You could begin like me, with an early breakfast at the local chai shop in Gaundongrem, close to Goa’s southern borders and the rivers Galgibaga and Talpona, dipping bits of crusty village bread into a bowl of spicy coconut gravy with soft diced potatoes and peas swimming in it. If the meal is had during the rains, the prized wild mushrooms picked from the surrounding hills will find their way into the curry. Breakfast is just a stone’s throw away from the temple of Mallikarjun, and Gaundongrem is the last village as the ribs of the ghats slowly unravel eastwards. The road then climbs past the entrance to the Cotigao Wildlife Sanctuary, snaking its way through several valleys, each delightful, beautiful.
This canopy of hills breaks just before Neturlim, the last watch between the plains and the human settlements westwards, and the huge spine of the ghats that towers beyond it to the east, reducing Gaundongrem to a mere speck on the landscape. Beyond, perhaps around prehistoric shrines dedicated to deities of centuries past and never discovered till now, lies the source of the river Kushawati, a series of hills that lets out the water needed to make this river majestic as it tumbles down through the valleys below, taking with it smaller brooks, springs and tributaries.

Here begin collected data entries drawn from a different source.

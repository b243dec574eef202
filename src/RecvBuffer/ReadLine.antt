-- ===== src/RecvBuffer/ReadLine.antt =====
-- `linen_recvbuf_readline` of ffi/network.c: it takes the bytes up to the first CRLF of the stream.
use linen.Base.{
  ℕ, zero, suc, ◌+◌, ◌-◌, ◌≤◌, ◌<◌, ◌≡◌, refl, sym, ap, ap₂, ◌∙◌, inl, inr, Bool, true, false, ◌&&◌,
  ◌||◌, List, [], ◌∷◌, ◌++◌, append-nil, append_assoc, reverse, arith, ltb, ◌==◌, Bool-cases,
  length, take-drop-cons, get_or, length-append, add_size, ltb→lt, ltb→ge,
}
use mathlib.Core.List.{reverse-cons}
use linen.RecvBuffer.{
  RecvBuf, line_size, slice, Scan, line_done, line_too_long, drained, ends_cr, without_last, scan,
}
use linen.RecvBuffer.Valid.{IsValid, view}

-- whether a carriage return and a newline stand side by side
abbrev pub has_crlf : List ℕ → Bool
has_crlf [] = false
has_crlf (c ∷ []) = false
has_crlf (c ∷ d ∷ bs) = (c == b'\r' && d == b'\n') || has_crlf (d ∷ bs)

has_crlf-snoc :
    (bs : List ℕ) (d c : ℕ)
    → has_crlf ((bs ++ d ∷ []) ++ c ∷ []) ≡ (has_crlf (bs ++ d ∷ []) || (d == b'\r' && c == b'\n'))
has_crlf-snoc [] d c = ground arith
has_crlf-snoc (b ∷ []) d c = ground arith
has_crlf-snoc (b ∷ b' ∷ bs) d c = ground (arith, has_crlf-snoc (b' ∷ bs) d c)

-- A byte that does not close the line brings no CRLF into it.
has_crlf-cons :
    (line : List ℕ) (c : ℕ)
    → has_crlf (reverse line) ≡ false
    → (ends_cr line && c == b'\n') ≡ false
    → has_crlf (reverse (c ∷ line)) ≡ false
has_crlf-cons [] c h k = refl
has_crlf-cons (d ∷ line) c h k = rw (
  reverse-cons c (d ∷ line),
  reverse-cons d line,
  has_crlf-snoc (reverse line) d c,
  k,
  ← reverse-cons d line,
  h,
)

shift : (line bs : List ℕ) (c : ℕ) → reverse (c ∷ line) ++ bs ≡ reverse line ++ c ∷ bs
shift line bs c = ap (λ l. l ++ bs) (reverse-cons c line) ∙ append_assoc (reverse line) (c ∷ []) bs

pub length-reverse : (xs : List ℕ) → length (reverse xs) ≡ length xs
length-reverse [] = refl
length-reverse (x ∷ xs) = omega (
  arith,
  ap length (reverse-cons x xs),
  length-append {0} (reverse xs) (x ∷ []),
  length-reverse xs,
)

-- What a scan of the bytes `bs` behind the line read so far finds, `rest` being what it leaves.
abbrev pub Finds : List ℕ → List ℕ → Scan → List ℕ → Type 0
Finds line bs (line_done l) rest =
    (reverse line ++ bs ≡ l ++ b'\r' ∷ b'\n' ∷ rest)
    × (has_crlf (l ++ b'\r' ∷ []) ≡ false)
    × (length l + 2 ≤ line_size)
Finds line bs line_too_long rest =
    (p : List ℕ) × (reverse line ++ bs ≡ p ++ rest) × (has_crlf p ≡ false) × (length p ≡ line_size)
Finds line bs (drained line') rest =
    (reverse line' ≡ reverse line ++ bs)
    × (rest ≡ [])
    × (has_crlf (reverse line') ≡ false)
    × (length line' < line_size)
    × (length line' ≡ length line + length bs)

pub record Scanned (line : List ℕ) (rb : RecvBuf) (s : Scan) (rb' : RecvBuf) : Type 0 where
  pub valid : IsValid rb'
  pub same_fd : rb'.fd ≡ rb.fd
  pub finds : Finds line (view rb) s (view rb')

-- The byte at `pos` is the first of those that are not consumed.
view-cons :
    (rb : RecvBuf) (n : ℕ)
    → IsValid rb
    → rb.len - rb.pos ≡ suc n
    → view rb ≡ get_or rb.buf rb.pos 0 ∷ view (record rb { pos = add_size rb.pos 1 })
view-cons rb n v e =
    ap (slice rb.buf rb.pos) e
    ∙ take-drop-cons rb.buf rb.pos n 0 (omega (arith, v.sized, v.fits))
    ∙ ap₂ (λ i k. get_or rb.buf rb.pos 0 ∷ slice rb.buf i k) {x = suc rb.pos}
        (omega (arith, v.fits)) (omega (arith, v.fits))

-- A line that a newline ends: its last byte is a carriage return.
ends_cr_lem : (line : List ℕ) → ends_cr line ≡ true → reverse line ≡ without_last line ++ b'\r' ∷ []
ends_cr_lem [] h = absurd (cc)
ends_cr_lem (d ∷ line) h = reverse-cons d line ∙ ap (λ x. reverse line ++ x ∷ []) (ground arith)

length-without_last :
    (line : List ℕ) → ends_cr line ≡ true → length (without_last line) + 1 ≡ length line
length-without_last line h = omega (
  arith,
  length-reverse line,
  ap length (ends_cr_lem line h),
  length-append {0} (without_last line) (b'\r' ∷ []),
)

-- One more byte in the line is one less to scan.
Finds-cons :
    (line bs : List ℕ) (c : ℕ) (s : Scan) (rest : List ℕ)
    → Finds (c ∷ line) bs s rest
    → Finds line (c ∷ bs) s rest
Finds-cons line bs c (line_done l) rest f = (sym (shift line bs c) ∙ f.0, f.1, f.2)
Finds-cons line bs c line_too_long rest f = (f.0, sym (shift line bs c) ∙ f.1, f.2, f.3)
Finds-cons line bs c (drained line') rest f =
    (f.0 ∙ shift line bs c, f.1, f.2, f.3, omega (arith, f.4))

module _ (rb : RecvBuf) (line : List ℕ) (c : ℕ) (v : IsValid rb) (n : ℕ)
    (some_left : rb.len - rb.pos ≡ suc n) (byte : c ≡ get_or rb.buf rb.pos 0) where
  -- the buffer after the byte at `pos`
  abbrev next : RecvBuf
  next = record rb { pos = add_size rb.pos 1 }

  next-IsValid : IsValid next
  next-IsValid = record { consumed = omega (arith, v.fits); fits = v.fits; sized = v.sized }

  view-next : view rb ≡ c ∷ view next
  view-next = view-cons rb n v some_left ∙ ap (λ x. x ∷ view next) (sym byte)

  closing-Scanned :
      has_crlf (reverse line) ≡ false
      → length line < line_size
      → (ends_cr line && c == b'\n') ≡ true
      → Scanned line rb (line_done (without_last line)) next
  closing-Scanned no_crlf short h = record {
    valid = next-IsValid;
    same_fd = refl;
    finds = (
      ap (λ l. reverse line ++ l) view-next
          ∙ ap₂ (λ l x. l ++ x ∷ view next) ended newline
          ∙ append_assoc (without_last line) (b'\r' ∷ []) (b'\n' ∷ view next),
      ap has_crlf (sym ended) ∙ no_crlf,
      omega (arith, length-without_last line (ground arith)),
    );
  }
    where
      ended : reverse line ≡ without_last line ++ b'\r' ∷ []
      ended = ends_cr_lem line (ground arith)

      newline : c ≡ b'\n'
      newline = ground arith

  long-Scanned :
      has_crlf (reverse line) ≡ false
      → (ends_cr line && c == b'\n') ≡ false
      → length line + 1 ≡ line_size
      → Scanned line rb line_too_long next
  long-Scanned no_crlf h full = record {
    valid = next-IsValid;
    same_fd = refl;
    finds = (
      reverse (c ∷ line),
      ap (λ l. reverse line ++ l) view-next ∙ sym (shift line (view next) c),
      has_crlf-cons line c no_crlf h,
      length-reverse (c ∷ line) ∙ omega arith,
    );
  }

  more-Scanned : (s : Scan) (rb' : RecvBuf) → Scanned (c ∷ line) next s rb' → Scanned line rb s rb'
  more-Scanned s rb' k = record {
    valid = k.valid;
    same_fd = k.same_fd;
    finds = rw view-next (Finds-cons line (view next) c s (view rb') k.finds);
  }

pub scan-Scanned :
    (n : ℕ) (line : List ℕ) (rb : RecvBuf)
    → IsValid rb
    → rb.len - rb.pos ≡ n
    → has_crlf (reverse line) ≡ false
    → length line < line_size
    → let (s, rb') = scan n line rb in Scanned line rb s rb'
unfolding scan
scan-Scanned zero line rb v e no_crlf short = record {
  valid = v;
  same_fd = refl;
  finds = (
    sym (ap (λ l. reverse line ++ l) none_left ∙ append-nil (reverse line)),
    none_left,
    no_crlf,
    short,
    omega (arith, ap length none_left),
  );
}
  where
    none_left : view rb ≡ []
    none_left = ap (slice rb.buf rb.pos) e
scan-Scanned (suc n) line rb v e no_crlf short = elim (Bool-cases (ends_cr line && c == b'\n')) [
  | inl closes ↦ rw closes (closing-Scanned rb line c v n e refl no_crlf short closes)
  | inr open_line ↦ rw open_line (elim (Bool-cases (ltb (length line) (line_size - 1))) [
    | inl room ↦ rw room (
        more-Scanned rb line c v n e refl _ _ (
          scan-Scanned n (c ∷ line) (next rb line c v n e refl) (next-IsValid rb line c v n e refl)
            (omega (arith, v.fits)) (has_crlf-cons line c no_crlf open_line)
            (omega (arith, ltb→lt _ _ room))))
    | inr full ↦
        rw full
          (long-Scanned rb line c v n e refl no_crlf open_line (omega (arith, ltb→ge _ _ full)))
  ])
]
  where
    c : ℕ
    c = get_or rb.buf rb.pos 0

North from Neturlim, the drive runs adjacent to these magnificent ghats that line the eastern borders of Goa, coming in from Karnataka and going north towards Maharashtra, bringing with them corridors of wildlife that existed thousands of years before the area was taken over by human beings. At regular stages along the road, past the towns of Sanguem and Sanvordem as well as the Selaulim dam that allows south Goa to quench its thirst, you get ample evidence that precious water sources are now under siege.
Past Sanvordem, perhaps near the entrance to the Bondla Wildlife Sanctuary, one could stop for a light lunch. That depends, however, on how much of an appetite you still retain after witnessing first-hand the ravages of mining. If you are stupid enough to make this journey on a weekday at the height of the mining season — as I was — you would do well to drive with the windows closed to keep the dust out — baking slowly under the blazing sun as you inch your way through a never-ending line of trucks. Ahead of you are trucks going empty towards the mines, and the ones coming from the other side are overloaded with ore meant to be dumped into the barges that line the deep and easily navigable rivers Zuari and Mandovi.
One crosses smaller rivers, creeks and brooks — dwindling away in a silent display of the destruction caused by mining. Probably the saddest sight of all is that of trucks being washed at the edge of these water bodies, turning their crystal clear water a dirty brown.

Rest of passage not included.